## What is being asked
Find every line in the records below that holds the word "types", and copy it out.

(Data to process)

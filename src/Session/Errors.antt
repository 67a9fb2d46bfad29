-- ===== src/Session/Errors.antt =====
-- Which exceptions leave the client and its handles, whatever a program does with them.
use mathlib.Core.Path.{subst}
use conduit_client_python.Prelude.{
  ℕ, ◌≡◌, sym, inl, inr, Bool-cases, Bool, false, Option, none, some, List, All, All-append,
}
use conduit_client_python.Errors.{rpc, Outcome, ok, raised}
use conduit_client_python.Wire.{get_info, stop_pipeline, get_pipeline}
use conduit_client_python.Client.{Engine, Run, World, get_engine_info, close}
use conduit_client_python.Client.Failures.{
  IsTranslated, Translates, bind-Translates, call-Translates, run-Translates,
}
use conduit_client_python.Run.{RunStatus, Format, status, stop, read_clock}
use conduit_client_python.Run.Ending.{
  Ended, reached, degraded, failed, timed_out, interrupted, wait_running-Result,
}
use conduit_client_python.Run.Status.{Agrees, run_status-Agrees}
use conduit_client_python.Client.Close.{close_closed}
use conduit_client_python.Session.{
  discard, Step, runs, asks_info, asks_status, stops, waits, closes, Session, begun, then_step,
}

Agrees-IsTranslated : (r : Outcome RunStatus) (e : Option RunStatus) → Agrees r e → IsTranslated r
Agrees-IsTranslated r (some s) h = subst (λ (q : Outcome RunStatus). IsTranslated q) (sym h) tt
Agrees-IsTranslated r none (text, h) = subst (λ (q : Outcome RunStatus). IsTranslated q) (sym h) tt

IsTranslated-discard : {A : Type 0} (r : Outcome A) → IsTranslated r → IsTranslated (discard r)
IsTranslated-discard (ok a) h = tt
IsTranslated-discard (raised (rpc e)) h = h
IsTranslated-discard (raised x) h = tt

module _ (E : Engine) where
  status-Translates : (handle : Run) (timeout : ℕ) → Translates (status E handle timeout)
  unfolding status
  status-Translates handle timeout =
      bind-Translates _ _ (call-Translates E (get_pipeline handle.pipeline_id) timeout)
        (λ response w. Agrees-IsTranslated _ _ (run_status-Agrees response.state))

  stop-Translates :
      (handle : Run) (force : Bool) (timeout : ℕ) → Translates (stop E handle force timeout)
  unfolding stop
  stop-Translates handle force timeout =
      call-Translates E (stop_pipeline handle.pipeline_id force) timeout

  get_engine_info-Translates : (timeout : ℕ) → Translates (get_engine_info E timeout)
  unfolding get_engine_info
  get_engine_info-Translates timeout = call-Translates E get_info timeout

  Ended-IsTranslated :
      (format : Format) (handle : Run) (timeout poll_interval deadline : ℕ)
      {last : Option RunStatus} {w : World E.State} {result : Outcome RunStatus × World E.State}
      → Ended E format handle timeout poll_interval deadline last w result
      → IsTranslated result.0
  Ended-IsTranslated format handle timeout poll_interval deadline (reached s answer up) = tt
  Ended-IsTranslated format handle timeout poll_interval deadline (degraded s answer down bad) = tt
  Ended-IsTranslated format handle timeout poll_interval deadline {w = w} (failed x early e) =
      subst (λ (q : Outcome RunStatus). IsTranslated q) e
        (status-Translates handle 5000 (read_clock E w).1)
  Ended-IsTranslated format handle timeout poll_interval deadline (timed_out late) = tt
  Ended-IsTranslated format handle timeout poll_interval deadline
        (interrupted s answer down fine cut) =
      tt

  -- The hook of a client, if it has one, raises no raw gRPC failure.
  abbrev pub HookTranslates : Option (E.State → Outcome (Unit {0}) × E.State) → Type 0
  HookTranslates none = Unit
  HookTranslates (some hook) = (s : E.State) → IsTranslated (hook s).0

  close_opened-IsTranslated :
      (on_close : Option (E.State → Outcome (Unit {0}) × E.State)) (w : World E.State)
      → HookTranslates on_close
      → w.closed ≡ false
      → IsTranslated (close E on_close w).0
  unfolding close
  close_opened-IsTranslated none w h opened = rw (opened, close) tt
  close_opened-IsTranslated (some hook) w h opened =
      rw (opened, close) (h (E.close_channel w.engine))

  module _ (on_close : Option (E.State → Outcome (Unit {0}) × E.State))
      (translates : HookTranslates on_close) where
    close-Translates : Translates (close E on_close)
    close-Translates w = elim (Bool-cases w.closed) [
      | inl shut ↦ rw (close_closed E on_close w shut) tt
      | inr opened ↦ close_opened-IsTranslated on_close w translates opened
    ]

    Step-IsTranslated :
        {w v : World E.State} {r : Outcome (Unit {0})} → Step E on_close w r v → IsTranslated r
    Step-IsTranslated {w} (runs p start timeout) =
        IsTranslated-discard _ (run-Translates E p start timeout w)
    Step-IsTranslated {w} (asks_info timeout) =
        IsTranslated-discard _ (get_engine_info-Translates timeout w)
    Step-IsTranslated {w} (asks_status handle timeout) =
        IsTranslated-discard _ (status-Translates handle timeout w)
    Step-IsTranslated {w} (stops handle force timeout) =
        IsTranslated-discard _ (stop-Translates handle force timeout w)
    Step-IsTranslated {w} (waits format handle timeout poll_interval fuel result e) =
        IsTranslated-discard result.0 (
          Ended-IsTranslated format handle timeout poll_interval _
            (wait_running-Result E format handle timeout poll_interval fuel w result e).ended)
    Step-IsTranslated {w} closes = close-Translates w

    -- Whatever a program does with a client and its handles, in whatever order, and whatever the
    -- engine answers or raises: no call lets a raw `grpc.RpcError` out, provided that the hook of the
    -- client, if it has one, does not raise one itself.
    pub Session-IsTranslated :
        {start w : World E.State} {results : List (Outcome (Unit {0}))}
        → Session E on_close start results w
        → All (λ (r : Outcome (Unit {0})). IsTranslated r) results
    Session-IsTranslated begun = tt
    Session-IsTranslated (then_step {results = results} before step) =
        All-append _ results _ (Session-IsTranslated before) (Step-IsTranslated step, tt)
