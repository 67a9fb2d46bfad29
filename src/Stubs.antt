-- ===== src/Stubs.antt =====
-- conduit/_grpc/api/v1/api_pb2_grpc.py: the methods of the stubs, the handlers that a server
-- registers. Messages are given by their types' names.
pub mod Pipelines
pub mod Connectors
pub mod Processors
pub mod Information
pub mod Plugins
pub mod Experimental
pub mod Servicers
use conduit_client_python.Prelude.{
  String, Option, none, some, List, [], ◌∷◌, ◌<>◌, ◌==◌, if◌then◌else◌,
}

-- Whether a call has one response or a stream of them.
pub data Responses : Type 0 where
  unary stream : Responses

-- An attribute of a stub: the callable that `channel.unary_unary` or `unary_stream` makes.
pub record Method : Type 0 where
  pub attribute : String
  pub path : String
  pub responses : Responses
  pub serializes : String
  pub deserializes : String

abbrev pub method : String → String → Responses → String → String → Method
method attribute path responses serializes deserializes = record {
  attribute = attribute;
  path = path;
  responses = responses;
  serializes = serializes;
  deserializes = deserializes;
}

-- An entry of `rpc_method_handlers`.
pub record Handler : Type 0 where
  pub key : String
  pub responses : Responses
  pub servicer_method : String
  pub deserializes : String
  pub serializes : String

abbrev pub handler : String → Responses → String → String → String → Handler
handler key responses servicer_method deserializes serializes = record {
  key = key;
  responses = responses;
  servicer_method = servicer_method;
  deserializes = deserializes;
  serializes = serializes;
}

-- What a server registers.
pub record Service : Type 0 where
  pub name : String
  pub handlers : List Handler
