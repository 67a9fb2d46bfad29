-- ===== src/Stubs/Connectors.antt =====
-- The stub of `ConnectorService`, and its handlers on a server.
use conduit_client_python.Prelude.{List, [], ◌∷◌}
use conduit_client_python.Stubs.{unary, stream, Method, method, handler, Service}

-- `ConnectorServiceStub.__init__`
abbrev pub connector_stub : List Method
connector_stub =
    method "ListConnectors" "/api.v1.ConnectorService/ListConnectors" unary "ListConnectorsRequest"
      "ListConnectorsResponse"
    ∷ method "InspectConnector" "/api.v1.ConnectorService/InspectConnector" stream
        "InspectConnectorRequest" "InspectConnectorResponse"
    ∷ method "GetConnector" "/api.v1.ConnectorService/GetConnector" unary "GetConnectorRequest"
        "GetConnectorResponse"
    ∷ method "CreateConnector" "/api.v1.ConnectorService/CreateConnector" unary
        "CreateConnectorRequest" "CreateConnectorResponse"
    ∷ method "ValidateConnector" "/api.v1.ConnectorService/ValidateConnector" unary
        "ValidateConnectorRequest" "ValidateConnectorResponse"
    ∷ method "UpdateConnector" "/api.v1.ConnectorService/UpdateConnector" unary
        "UpdateConnectorRequest" "UpdateConnectorResponse"
    ∷ method "DeleteConnector" "/api.v1.ConnectorService/DeleteConnector" unary
        "DeleteConnectorRequest" "DeleteConnectorResponse"
    ∷ method "ListConnectorPlugins" "/api.v1.ConnectorService/ListConnectorPlugins" unary
        "ListConnectorPluginsRequest" "ListConnectorPluginsResponse"
    ∷ []

-- `add_ConnectorServiceServicer_to_server`
abbrev pub connector_service : Service
connector_service = record {
  name = "api.v1.ConnectorService";
  handlers =
      handler "ListConnectors" unary "ListConnectors" "ListConnectorsRequest"
        "ListConnectorsResponse"
      ∷ handler "InspectConnector" stream "InspectConnector" "InspectConnectorRequest"
          "InspectConnectorResponse"
      ∷ handler "GetConnector" unary "GetConnector" "GetConnectorRequest" "GetConnectorResponse"
      ∷ handler "CreateConnector" unary "CreateConnector" "CreateConnectorRequest"
          "CreateConnectorResponse"
      ∷ handler "ValidateConnector" unary "ValidateConnector" "ValidateConnectorRequest"
          "ValidateConnectorResponse"
      ∷ handler "UpdateConnector" unary "UpdateConnector" "UpdateConnectorRequest"
          "UpdateConnectorResponse"
      ∷ handler "DeleteConnector" unary "DeleteConnector" "DeleteConnectorRequest"
          "DeleteConnectorResponse"
      ∷ handler "ListConnectorPlugins" unary "ListConnectorPlugins" "ListConnectorPluginsRequest"
          "ListConnectorPluginsResponse"
      ∷ [];
}
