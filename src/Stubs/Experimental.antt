-- ===== src/Stubs/Experimental.antt =====
-- conduit/_grpc/api/v1/api_pb2_grpc.py: the static methods of the classes of grpc's experimental API:
-- the path that each of them passes on, and the types of its messages.
use conduit_client_python.Prelude.{List, [], ◌∷◌, ◌++◌}
use conduit_client_python.Stubs.{unary, stream, Method, method}

-- `PipelineService`: what makes, reads, changes and deletes a pipeline.
abbrev pub pipeline_object_calls : List Method
pipeline_object_calls =
    method "ListPipelines" "/api.v1.PipelineService/ListPipelines" unary "ListPipelinesRequest"
      "ListPipelinesResponse"
    ∷ method "CreatePipeline" "/api.v1.PipelineService/CreatePipeline" unary "CreatePipelineRequest"
        "CreatePipelineResponse"
    ∷ method "GetPipeline" "/api.v1.PipelineService/GetPipeline" unary "GetPipelineRequest"
        "GetPipelineResponse"
    ∷ method "UpdatePipeline" "/api.v1.PipelineService/UpdatePipeline" unary "UpdatePipelineRequest"
        "UpdatePipelineResponse"
    ∷ method "DeletePipeline" "/api.v1.PipelineService/DeletePipeline" unary "DeletePipelineRequest"
        "DeletePipelineResponse"
    ∷ []

-- `PipelineService`: what starts and stops it, and its dead-letter queue.
abbrev pub pipeline_control_calls : List Method
pipeline_control_calls =
    method "StartPipeline" "/api.v1.PipelineService/StartPipeline" unary "StartPipelineRequest"
      "StartPipelineResponse"
    ∷ method "StopPipeline" "/api.v1.PipelineService/StopPipeline" unary "StopPipelineRequest"
        "StopPipelineResponse"
    ∷ method "GetDLQ" "/api.v1.PipelineService/GetDLQ" unary "GetDLQRequest" "GetDLQResponse"
    ∷ method "UpdateDLQ" "/api.v1.PipelineService/UpdateDLQ" unary "UpdateDLQRequest"
        "UpdateDLQResponse"
    ∷ []

-- `PipelineService`: what exports, imports, plans and applies it.
abbrev pub pipeline_document_calls : List Method
pipeline_document_calls =
    method "ExportPipeline" "/api.v1.PipelineService/ExportPipeline" unary "ExportPipelineRequest"
      "ExportPipelineResponse"
    ∷ method "ImportPipeline" "/api.v1.PipelineService/ImportPipeline" unary "ImportPipelineRequest"
        "ImportPipelineResponse"
    ∷ method "PlanPipeline" "/api.v1.PipelineService/PlanPipeline" unary "PlanPipelineRequest"
        "PlanPipelineResponse"
    ∷ method "ApplyPipeline" "/api.v1.PipelineService/ApplyPipeline" unary "ApplyPipelineRequest"
        "ApplyPipelineResponse"
    ∷ []

-- `PipelineService`
abbrev pub pipeline_calls : List Method
pipeline_calls = pipeline_object_calls ++ (pipeline_control_calls ++ pipeline_document_calls)

-- `ConnectorService`: what only asks.
abbrev pub connector_query_calls : List Method
connector_query_calls =
    method "ListConnectors" "/api.v1.ConnectorService/ListConnectors" unary "ListConnectorsRequest"
      "ListConnectorsResponse"
    ∷ method "InspectConnector" "/api.v1.ConnectorService/InspectConnector" stream
        "InspectConnectorRequest" "InspectConnectorResponse"
    ∷ method "GetConnector" "/api.v1.ConnectorService/GetConnector" unary "GetConnectorRequest"
        "GetConnectorResponse"
    ∷ []

-- `ConnectorService`: what changes connectors, and the listing of plugins.
abbrev pub connector_change_calls : List Method
connector_change_calls =
    method "CreateConnector" "/api.v1.ConnectorService/CreateConnector" unary
      "CreateConnectorRequest" "CreateConnectorResponse"
    ∷ method "ValidateConnector" "/api.v1.ConnectorService/ValidateConnector" unary
        "ValidateConnectorRequest" "ValidateConnectorResponse"
    ∷ method "UpdateConnector" "/api.v1.ConnectorService/UpdateConnector" unary
        "UpdateConnectorRequest" "UpdateConnectorResponse"
    ∷ method "DeleteConnector" "/api.v1.ConnectorService/DeleteConnector" unary
        "DeleteConnectorRequest" "DeleteConnectorResponse"
    ∷ method "ListConnectorPlugins" "/api.v1.ConnectorService/ListConnectorPlugins" unary
        "ListConnectorPluginsRequest" "ListConnectorPluginsResponse"
    ∷ []

-- `ConnectorService`
abbrev pub connector_calls : List Method
connector_calls = connector_query_calls ++ connector_change_calls

-- `ProcessorService`: what only asks.
abbrev pub processor_query_calls : List Method
processor_query_calls =
    method "ListProcessors" "/api.v1.ProcessorService/ListProcessors" unary "ListProcessorsRequest"
      "ListProcessorsResponse"
    ∷ method "InspectProcessorIn" "/api.v1.ProcessorService/InspectProcessorIn" stream
        "InspectProcessorInRequest" "InspectProcessorInResponse"
    ∷ method "InspectProcessorOut" "/api.v1.ProcessorService/InspectProcessorOut" stream
        "InspectProcessorOutRequest" "InspectProcessorOutResponse"
    ∷ method "GetProcessor" "/api.v1.ProcessorService/GetProcessor" unary "GetProcessorRequest"
        "GetProcessorResponse"
    ∷ []

-- `ProcessorService`: what changes processors, and the listing of plugins.
abbrev pub processor_change_calls : List Method
processor_change_calls =
    method "CreateProcessor" "/api.v1.ProcessorService/CreateProcessor" unary
      "CreateProcessorRequest" "CreateProcessorResponse"
    ∷ method "UpdateProcessor" "/api.v1.ProcessorService/UpdateProcessor" unary
        "UpdateProcessorRequest" "UpdateProcessorResponse"
    ∷ method "DeleteProcessor" "/api.v1.ProcessorService/DeleteProcessor" unary
        "DeleteProcessorRequest" "DeleteProcessorResponse"
    ∷ method "ListProcessorPlugins" "/api.v1.ProcessorService/ListProcessorPlugins" unary
        "ListProcessorPluginsRequest" "ListProcessorPluginsResponse"
    ∷ []

-- `ProcessorService`
abbrev pub processor_calls : List Method
processor_calls = processor_query_calls ++ processor_change_calls

-- `InformationService`
abbrev pub information_calls : List Method
information_calls =
    method "GetInfo" "/api.v1.InformationService/GetInfo" unary "GetInfoRequest" "GetInfoResponse"
    ∷ []

-- `PluginService`
abbrev pub plugin_calls : List Method
plugin_calls =
    method "ListPlugins" "/api.v1.PluginService/ListPlugins" unary "ListPluginsRequest"
      "ListPluginsResponse"
    ∷ []
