-- ===== src/Stubs/Information.antt =====
-- The stub of `InformationService`, and its handlers on a server.
use conduit_client_python.Prelude.{List, [], ◌∷◌}
use conduit_client_python.Stubs.{unary, Method, method, handler, Service}

-- `InformationServiceStub.__init__`
abbrev pub information_stub : List Method
information_stub =
    method "GetInfo" "/api.v1.InformationService/GetInfo" unary "GetInfoRequest" "GetInfoResponse"
    ∷ []

-- `add_InformationServiceServicer_to_server`
abbrev pub information_service : Service
information_service = record {
  name = "api.v1.InformationService";
  handlers = handler "GetInfo" unary "GetInfo" "GetInfoRequest" "GetInfoResponse" ∷ [];
}
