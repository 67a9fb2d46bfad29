-- ===== src/Stubs/Pipelines.antt =====
-- The stub of `PipelineService`, and its handlers on a server.
use conduit_client_python.Prelude.{List, [], ◌∷◌}
use conduit_client_python.Stubs.{unary, Method, method, handler, Service}

-- `PipelineServiceStub.__init__`
abbrev pub pipeline_stub : List Method
pipeline_stub =
    method "ListPipelines" "/api.v1.PipelineService/ListPipelines" unary "ListPipelinesRequest"
      "ListPipelinesResponse"
    ∷ method "CreatePipeline" "/api.v1.PipelineService/CreatePipeline" unary "CreatePipelineRequest"
        "CreatePipelineResponse"
    ∷ method "GetPipeline" "/api.v1.PipelineService/GetPipeline" unary "GetPipelineRequest"
        "GetPipelineResponse"
    ∷ method "UpdatePipeline" "/api.v1.PipelineService/UpdatePipeline" unary "UpdatePipelineRequest"
        "UpdatePipelineResponse"
    ∷ method "DeletePipeline" "/api.v1.PipelineService/DeletePipeline" unary "DeletePipelineRequest"
        "DeletePipelineResponse"
    ∷ method "StartPipeline" "/api.v1.PipelineService/StartPipeline" unary "StartPipelineRequest"
        "StartPipelineResponse"
    ∷ method "StopPipeline" "/api.v1.PipelineService/StopPipeline" unary "StopPipelineRequest"
        "StopPipelineResponse"
    ∷ method "GetDLQ" "/api.v1.PipelineService/GetDLQ" unary "GetDLQRequest" "GetDLQResponse"
    ∷ method "UpdateDLQ" "/api.v1.PipelineService/UpdateDLQ" unary "UpdateDLQRequest"
        "UpdateDLQResponse"
    ∷ method "ExportPipeline" "/api.v1.PipelineService/ExportPipeline" unary "ExportPipelineRequest"
        "ExportPipelineResponse"
    ∷ method "ImportPipeline" "/api.v1.PipelineService/ImportPipeline" unary "ImportPipelineRequest"
        "ImportPipelineResponse"
    ∷ method "PlanPipeline" "/api.v1.PipelineService/PlanPipeline" unary "PlanPipelineRequest"
        "PlanPipelineResponse"
    ∷ method "ApplyPipeline" "/api.v1.PipelineService/ApplyPipeline" unary "ApplyPipelineRequest"
        "ApplyPipelineResponse"
    ∷ []

-- `add_PipelineServiceServicer_to_server`
abbrev pub pipeline_service : Service
pipeline_service = record {
  name = "api.v1.PipelineService";
  handlers =
      handler "ListPipelines" unary "ListPipelines" "ListPipelinesRequest" "ListPipelinesResponse"
      ∷ handler "CreatePipeline" unary "CreatePipeline" "CreatePipelineRequest"
          "CreatePipelineResponse"
      ∷ handler "GetPipeline" unary "GetPipeline" "GetPipelineRequest" "GetPipelineResponse"
      ∷ handler "UpdatePipeline" unary "UpdatePipeline" "UpdatePipelineRequest"
          "UpdatePipelineResponse"
      ∷ handler "DeletePipeline" unary "DeletePipeline" "DeletePipelineRequest"
          "DeletePipelineResponse"
      ∷ handler "StartPipeline" unary "StartPipeline" "StartPipelineRequest" "StartPipelineResponse"
      ∷ handler "StopPipeline" unary "StopPipeline" "StopPipelineRequest" "StopPipelineResponse"
      ∷ handler "GetDLQ" unary "GetDLQ" "GetDLQRequest" "GetDLQResponse"
      ∷ handler "UpdateDLQ" unary "UpdateDLQ" "UpdateDLQRequest" "UpdateDLQResponse"
      ∷ handler "ExportPipeline" unary "ExportPipeline" "ExportPipelineRequest"
          "ExportPipelineResponse"
      ∷ handler "ImportPipeline" unary "ImportPipeline" "ImportPipelineRequest"
          "ImportPipelineResponse"
      ∷ handler "PlanPipeline" unary "PlanPipeline" "PlanPipelineRequest" "PlanPipelineResponse"
      ∷ handler "ApplyPipeline" unary "ApplyPipeline" "ApplyPipelineRequest" "ApplyPipelineResponse"
      ∷ [];
}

(End Data to process)

## Expected answer
-- registers. Messages are given by their types' names.
-- the path that each of them passes on, and the types of its messages.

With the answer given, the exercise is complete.